The new 57-story Torre Mayor Building is the dominant structure in the Mexico City skyline. It is also the first tall building to utilize large Fluid Viscous Dampers as a primary means of seismic energy dissipation.
A total of 98 dampers are used, including 24 large dampers, each rated at 570 tonnes of output force, located in the long walls of the building. The short walls utilize 74 smaller dampers, each rated at 280 tonnes of output force. Dampers are installed in mega-brace elements, up to 20m in length, where a single damper spans up to six floors.
The damping technology successfully implemented for Torre Mayor is now being used on five other tall buildings, including three in the USA and two in Japan. A total of one hundred and thirty structures throughout the world utilize Fluid Viscous Dampers for earthquake, hurricane, and typhoon protection.
Hotel Woodland is one of the first structures in North America to be seismically retrofitted using viscous dampers (VDs). This 4-story 1927 vintage Historical Landmark reinforced concrete building is located in Woodland, California.
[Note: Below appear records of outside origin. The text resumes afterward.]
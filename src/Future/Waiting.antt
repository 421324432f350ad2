-- ===== src/Future/Waiting.antt =====
-- Threads that wait for a result.
use empool.Base.{refl, not, ◌∷◌, ◌∙◌, ◌≢◌, ℕ, ◌≡◌, ap, subst, false, none, some, arith}
use empool.Lock.{notice_if, all_notice}
use empool.Lock.System.{notify, wake, outside, locking, asleep, System, Steps, start}
use empool.Lock.Atomic
use empool.Lock.Refinement.{abs, view, settled-free, refines_atomic}
use empool.Lock.Progress.{Steps-append, section_runs}
use empool.Future.Result.{AllGenuine, answers_computed}
use empool.Future.{
  Call, get_result, try_get_result, do_run, Future, new_future, code, get_result_body, value,
  is_not_returned,
}

module _ {ℓ} {T : Type ℓ} where
  abbrev Awaits : Atomic.System (Call T) (Future T) → Type ℓ
  Awaits s = (i : ℕ) (c : Call T) → s.pc i ≡ Atomic.asleep c → s.shared.is_result_returned ≡ false

  Step-Awaits :
      {s t : Atomic.System (Call T) (Future T)} → Atomic.Step code s t → Awaits s → Awaits t
  Step-Awaits (Atomic.enters i c e) h k d p = ground (arith, h k d)
  Step-Awaits (Atomic.performs i j (get_result n) e) h k d p = ground (arith, h k d)
  Step-Awaits (Atomic.performs i j (try_get_result n) e) h k d p = ground (arith, h k d)
  Step-Awaits (Atomic.performs i j (do_run none) e) h k d p = ground (arith, h k d)
  Step-Awaits (Atomic.performs i j (do_run (some v)) e) h k d p = ground (arith, h k d)
  Step-Awaits (Atomic.stirs i c e) h k d p = ground (arith, h k d)
  Step-Awaits (Atomic.expires i c e timed) h k d p = ground (arith, h k d)
  Step-Awaits (Atomic.gives_up i c e) h k d p = ground (arith, h k d)

  Steps-Awaits :
      {blank : T} {s : Atomic.System (Call T) (Future T)}
      → Atomic.Steps code (abs (start (new_future blank))) s
      → Awaits s
  Steps-Awaits Atomic.here i c e = absurd (ground arith)
  Steps-Awaits (Atomic.then_ r st) i c e = Step-Awaits st (Steps-Awaits r) i c e

  no_lost_result :
      {blank : T} {s : System (Call T) (Future T)}
      → Steps code (start (new_future blank)) s
      → (i : ℕ) (c : Call T) → s.pc i ≡ asleep c
      → s.owner ≡ none
      → s.shared.is_result_returned ≡ false
  no_lost_result {s} r i c e free =
      subst (λ f. Future.is_result_returned f ≡ false) (settled-free s.pc s.shared free)
        (Steps-Awaits (refines_atomic r) i c (ap view e))

  -- Whatever threads call `GetResult`, `TryGetResult` and `DoRun`, and however their statements
  -- interleave: each value that a caller has got, or the caller in the lock is about to get, is one
  -- that `Call()` gave, never what the result was made with; and no result is missed: when no
  -- thread is in the lock and one still sleeps in a wait, no result has been set.
  pub results_reach_callers :
      {blank : T} {s : System (Call T) (Future T)}
      → Steps code (start (new_future blank)) s
      → AllGenuine (abs s).shared
        × ((i : ℕ) (c : Call T)
            → s.pc i ≡ asleep c
            → s.owner ≡ none
            → s.shared.is_result_returned ≡ false)
  results_reach_callers r = (answers_computed r, no_lost_result r)

  -- A result goes from `DoRun` to `GetResult` unchanged: let thread `i` come to the free mutex
  -- to run the task, whose `Call()` gives `v`, while thread `k` sleeps in `GetResult`. Then `i` can
  -- run the task, `k` is woken and gets the mutex, and both return, `k` with `v`.
  pub result_roundtrip :
      {blank : T} {s : System (Call T) (Future T)}
      → Steps code (start (new_future blank)) s
      → (i k caller : ℕ) (v : T) → i ≢ k
      → s.owner ≡ none
      → s.pc i ≡ locking (do_run (some v))
      → s.pc k ≡ asleep (get_result caller)
      → (t : System (Call T) (Future T)) × Steps code s t
        × (t.pc k ≡ outside)
        × (t.owner ≡ none)
        × (t.shared.answers ≡ (caller, value v) ∷ s.shared.answers)
  result_roundtrip {s} r i k caller v ne free e sleeps =
      let ran = section_runs {code = code} s i i (do_run (some v)) free e refl in
      let got =
        section_runs {code = code} ran.0 k k (get_result caller) ran.3
          (ran.5 k ne
            ∙ ap (λ b. notify (notice_if (not b) all_notice) i s.pc k)
                (no_lost_result r k _ sleeps free)
            ∙ ap wake sleeps)
          (ap (λ f. is_not_returned f) ran.4) in
      (
        got.0,
        Steps-append ran.1 got.1,
        got.2,
        got.3,
        ap Future.answers got.4 ∙ ap (λ f. (get_result_body caller f).answers) ran.4,
      )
Maintaining the historical appearance of the building, the earthquake response performance of the building, and cost were the primary considerations in establishing the retrofit design.
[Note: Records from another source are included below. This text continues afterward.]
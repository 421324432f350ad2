-- ===== src/Future/Examples.antt =====
-- The theorems on results at concrete runs.
use empool.Base.{arith, ℕ, ◌≡◌, refl, true, false, Option, none, some, [], ◌∷◌, update, ℕ_discrete}
use empool.Lock.System.{
  Pc, outside, locking, testing, asleep, running, wake, System, Steps, here, then_, enters, locks,
  tests, moves, unlocks, start,
}
use empool.Lock.Refinement.{abs}
use empool.Future.{
  Call, get_result, do_run, value, Future, new_future, set_result, set_returned, code, do_run_body,
  value,
}
use empool.Future.Result.{AllGenuine}
use empool.Future.Waiting.{results_reach_callers, result_roundtrip}

abbrev State : Type 0
State = System (Call ℕ) (Future ℕ)

-- Thread `i` moves to `p`, and leaves this task and this owner.
abbrev next : State → ℕ → Pc (Call ℕ) (Future ℕ) → Future ℕ → Option ℕ → State
next s i p f owner = record { shared = f; owner = owner; pc = update s.pc i p }

-- Thread 1 waits for the result.
abbrev one_waits : State
one_waits =
    next
      (next (next (start (new_future 0)) 1 (locking (get_result 1)) (new_future 0) none) 1
        (testing (get_result 1)) (new_future 0) (some 1))
      1 (asleep (get_result 1)) (new_future 0) none

one_waits-Steps : Steps code (start (new_future 0)) one_waits
unfolding ℕ_discrete
one_waits-Steps =
    then_ (then_ (then_ here (enters 1 (get_result 1) refl)) (locks 1 (get_result 1) refl refl))
      (tests 1 1 (get_result 1) refl)

-- Thread 0 runs the task, whose `Call()` gives 7, and wakes thread 1.
abbrev computed : Future ℕ
computed = record { result = 7; is_result_returned = true; computed = 7 ∷ []; answers = [] }

-- Thread 0 comes to run the task, and then has run it and woken thread 1.
abbrev to_run : State
to_run = next one_waits 0 (locking (do_run (some 7))) (new_future 0) none

to_run-Steps : Steps code (start (new_future 0)) to_run
unfolding ℕ_discrete
to_run-Steps = then_ one_waits-Steps (enters 0 (do_run (some 7)) refl)

abbrev testing_0 : State
testing_0 = next to_run 0 (testing (do_run (some 7))) (new_future 0) (some 0)

abbrev woken : State
woken =
    next
      (next
        (next
          (record testing_0 {
            pc = update (λ i. wake (testing_0.pc i)) 0 (running (do_run_body (some 7)));
          })
          0 (running (set_returned ∷ [])) (set_result 7 (new_future 0)) (some 0))
        0 (running []) computed (some 0))
      0 outside computed none

woken-Steps : Steps code (start (new_future 0)) woken
unfolding ℕ_discrete
woken-Steps =
    then_
      (then_
        (then_
          (then_ (then_ to_run-Steps (locks 0 (do_run (some 7)) refl refl))
            (tests 0 0 (do_run (some 7)) refl))
          (moves 0 (set_result 7) (set_returned ∷ []) refl))
        (moves 0 set_returned [] refl))
      (unlocks 0 refl)

results_reach_callers_example :
    AllGenuine (abs woken).shared
    × ((i : ℕ) (c : Call ℕ)
        → woken.pc i ≡ asleep c
        → woken.owner ≡ none
        → woken.shared.is_result_returned ≡ false)
results_reach_callers_example = results_reach_callers woken-Steps

result_roundtrip_example :
    (t : State) × Steps code to_run t
    × (t.pc 1 ≡ outside)
    × (t.owner ≡ none)
    × (t.shared.answers ≡ (1, value 7) ∷ [])
unfolding ℕ_discrete
result_roundtrip_example =
    result_roundtrip to_run-Steps 0 1 1 7 (λ e. absurd (omega (arith, e))) refl refl refl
The building is essentially a non-ductile reinforced concrete (RC) frame at the first level, and RC shear wall at levels 2, 3, and 4. Options considered for the retrofit included, both adding conventional shear walls or braces at the first level, and using VDs and steel moment frames at the first level. Adding shear walls or braes at the first level caused 2 ancillary problems: first obscuring the historical appearance of the building and second, limiting commercial development. Both stick and 3D model analyses revealed that installing VDs and moment frames at the first level reduced drifts at all levels (1,2, 3 and 4) to the desired performance. Using VDs proved to be the most cost effective method for seismically retrofitting the building. In addition, using VDs economically facilitated maintaining the historical appearance of the building .
This paper presents detailed results of a case study illustrating the processes and decisions regarding retrofit criteria and design procedure for earthquake demand, building response performance, historical interests, and economic considerations.
The City of San Francisco’s Old Main Library, a 1917 historic building constructed of structural steel and unreinforced brick masonry, was recently renovated and transformed into the New Asian Art Museum. The Museum houses an irreplaceable collection of Asian art and artifacts, including immensely valuable, brittle Ming Dynasty vases, and represents the largest non-property asset in the City of San Francisco with an estimated value of $5 Billion.
Base isolation combined with superstructure reinforcement provided the most reliable protection available to the artifacts stored and displayed in the Museum. Base isolation allowed architectural freedom to manipulate the floor plate in a manner that optimized gallery space and light distribution. The seismic demands imposed on displayed artifacts were reduced to a level for which conventional artifact bracing methods could be effective.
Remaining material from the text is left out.